Task objective: Once you find the line containing "on_if (All (Lacks" in the data below, copy it and each following line exactly, up to and including the line containing "(storage : CleanPath)", and nothing else.

Input:
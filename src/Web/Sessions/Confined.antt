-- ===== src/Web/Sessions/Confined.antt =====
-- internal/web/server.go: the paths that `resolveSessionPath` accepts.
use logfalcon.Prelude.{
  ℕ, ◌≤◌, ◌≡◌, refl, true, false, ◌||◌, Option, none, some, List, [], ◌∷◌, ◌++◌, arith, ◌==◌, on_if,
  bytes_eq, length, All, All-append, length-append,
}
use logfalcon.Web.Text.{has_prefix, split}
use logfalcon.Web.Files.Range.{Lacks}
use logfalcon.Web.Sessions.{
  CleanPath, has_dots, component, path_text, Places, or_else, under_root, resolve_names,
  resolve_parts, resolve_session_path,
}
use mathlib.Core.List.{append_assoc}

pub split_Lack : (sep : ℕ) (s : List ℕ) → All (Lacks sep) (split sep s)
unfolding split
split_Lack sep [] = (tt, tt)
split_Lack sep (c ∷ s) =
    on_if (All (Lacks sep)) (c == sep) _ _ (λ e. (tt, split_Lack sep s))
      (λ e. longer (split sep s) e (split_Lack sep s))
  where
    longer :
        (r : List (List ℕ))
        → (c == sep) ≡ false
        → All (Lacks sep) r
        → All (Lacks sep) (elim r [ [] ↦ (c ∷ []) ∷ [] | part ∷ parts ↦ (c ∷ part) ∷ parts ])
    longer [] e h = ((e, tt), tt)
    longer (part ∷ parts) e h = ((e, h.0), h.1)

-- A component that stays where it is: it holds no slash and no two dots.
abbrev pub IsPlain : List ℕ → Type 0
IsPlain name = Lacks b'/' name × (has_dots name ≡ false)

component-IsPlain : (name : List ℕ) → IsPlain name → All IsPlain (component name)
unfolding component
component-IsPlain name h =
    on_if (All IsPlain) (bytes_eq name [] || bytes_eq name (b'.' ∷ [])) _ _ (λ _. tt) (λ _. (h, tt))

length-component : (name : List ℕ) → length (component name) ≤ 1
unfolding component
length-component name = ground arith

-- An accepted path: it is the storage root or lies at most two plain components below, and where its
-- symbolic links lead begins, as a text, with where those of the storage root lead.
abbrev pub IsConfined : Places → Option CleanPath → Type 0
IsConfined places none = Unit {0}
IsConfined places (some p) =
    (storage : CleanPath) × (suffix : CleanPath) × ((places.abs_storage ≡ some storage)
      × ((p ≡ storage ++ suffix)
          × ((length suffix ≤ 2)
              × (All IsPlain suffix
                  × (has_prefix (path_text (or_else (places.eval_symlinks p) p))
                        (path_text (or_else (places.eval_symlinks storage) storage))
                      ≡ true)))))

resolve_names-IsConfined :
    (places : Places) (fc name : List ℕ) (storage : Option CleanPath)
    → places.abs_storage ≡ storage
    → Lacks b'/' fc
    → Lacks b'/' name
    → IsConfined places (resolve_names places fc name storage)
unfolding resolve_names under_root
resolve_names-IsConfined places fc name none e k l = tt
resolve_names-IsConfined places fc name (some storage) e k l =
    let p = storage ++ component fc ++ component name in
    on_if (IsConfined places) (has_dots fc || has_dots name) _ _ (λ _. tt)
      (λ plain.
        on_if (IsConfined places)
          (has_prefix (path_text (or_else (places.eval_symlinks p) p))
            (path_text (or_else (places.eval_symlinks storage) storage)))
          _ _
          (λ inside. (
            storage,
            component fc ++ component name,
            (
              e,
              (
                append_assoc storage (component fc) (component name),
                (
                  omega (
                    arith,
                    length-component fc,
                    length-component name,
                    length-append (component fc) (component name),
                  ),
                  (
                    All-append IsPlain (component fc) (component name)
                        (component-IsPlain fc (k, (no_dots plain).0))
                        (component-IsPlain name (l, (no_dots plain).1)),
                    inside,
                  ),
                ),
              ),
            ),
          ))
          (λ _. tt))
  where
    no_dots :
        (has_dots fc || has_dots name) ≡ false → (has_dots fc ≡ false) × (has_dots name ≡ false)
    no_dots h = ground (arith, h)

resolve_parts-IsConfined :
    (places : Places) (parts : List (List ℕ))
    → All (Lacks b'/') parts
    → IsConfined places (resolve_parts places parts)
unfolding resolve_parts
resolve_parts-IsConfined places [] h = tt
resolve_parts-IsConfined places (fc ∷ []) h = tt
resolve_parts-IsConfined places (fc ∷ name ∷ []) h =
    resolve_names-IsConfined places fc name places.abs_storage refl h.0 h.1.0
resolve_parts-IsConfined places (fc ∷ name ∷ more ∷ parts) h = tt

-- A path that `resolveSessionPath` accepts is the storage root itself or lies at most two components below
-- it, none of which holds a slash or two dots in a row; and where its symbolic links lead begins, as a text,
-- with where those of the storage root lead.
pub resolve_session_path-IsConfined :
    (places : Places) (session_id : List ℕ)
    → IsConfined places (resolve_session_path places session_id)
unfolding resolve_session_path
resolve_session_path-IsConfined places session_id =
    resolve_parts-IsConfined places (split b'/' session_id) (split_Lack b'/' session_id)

Reply to the task:
    on_if (All (Lacks sep)) (c == sep) _ _ (λ e. (tt, split_Lack sep s))
      (λ e. longer (split sep s) e (split_Lack sep s))
  where
    longer :
        (r : List (List ℕ))
        → (c == sep) ≡ false
        → All (Lacks sep) r
        → All (Lacks sep) (elim r [ [] ↦ (c ∷ []) ∷ [] | part ∷ parts ↦ (c ∷ part) ∷ parts ])
    longer [] e h = ((e, tt), tt)
    longer (part ∷ parts) e h = ((e, h.0), h.1)

-- A component that stays where it is: it holds no slash and no two dots.
abbrev pub IsPlain : List ℕ → Type 0
IsPlain name = Lacks b'/' name × (has_dots name ≡ false)

component-IsPlain : (name : List ℕ) → IsPlain name → All IsPlain (component name)
unfolding component
component-IsPlain name h =
    on_if (All IsPlain) (bytes_eq name [] || bytes_eq name (b'.' ∷ [])) _ _ (λ _. tt) (λ _. (h, tt))

length-component : (name : List ℕ) → length (component name) ≤ 1
unfolding component
length-component name = ground arith

-- An accepted path: it is the storage root or lies at most two plain components below, and where its
-- symbolic links lead begins, as a text, with where those of the storage root lead.
abbrev pub IsConfined : Places → Option CleanPath → Type 0
IsConfined places none = Unit {0}
IsConfined places (some p) =
    (storage : CleanPath) × (suffix : CleanPath) × ((places.abs_storage ≡ some storage)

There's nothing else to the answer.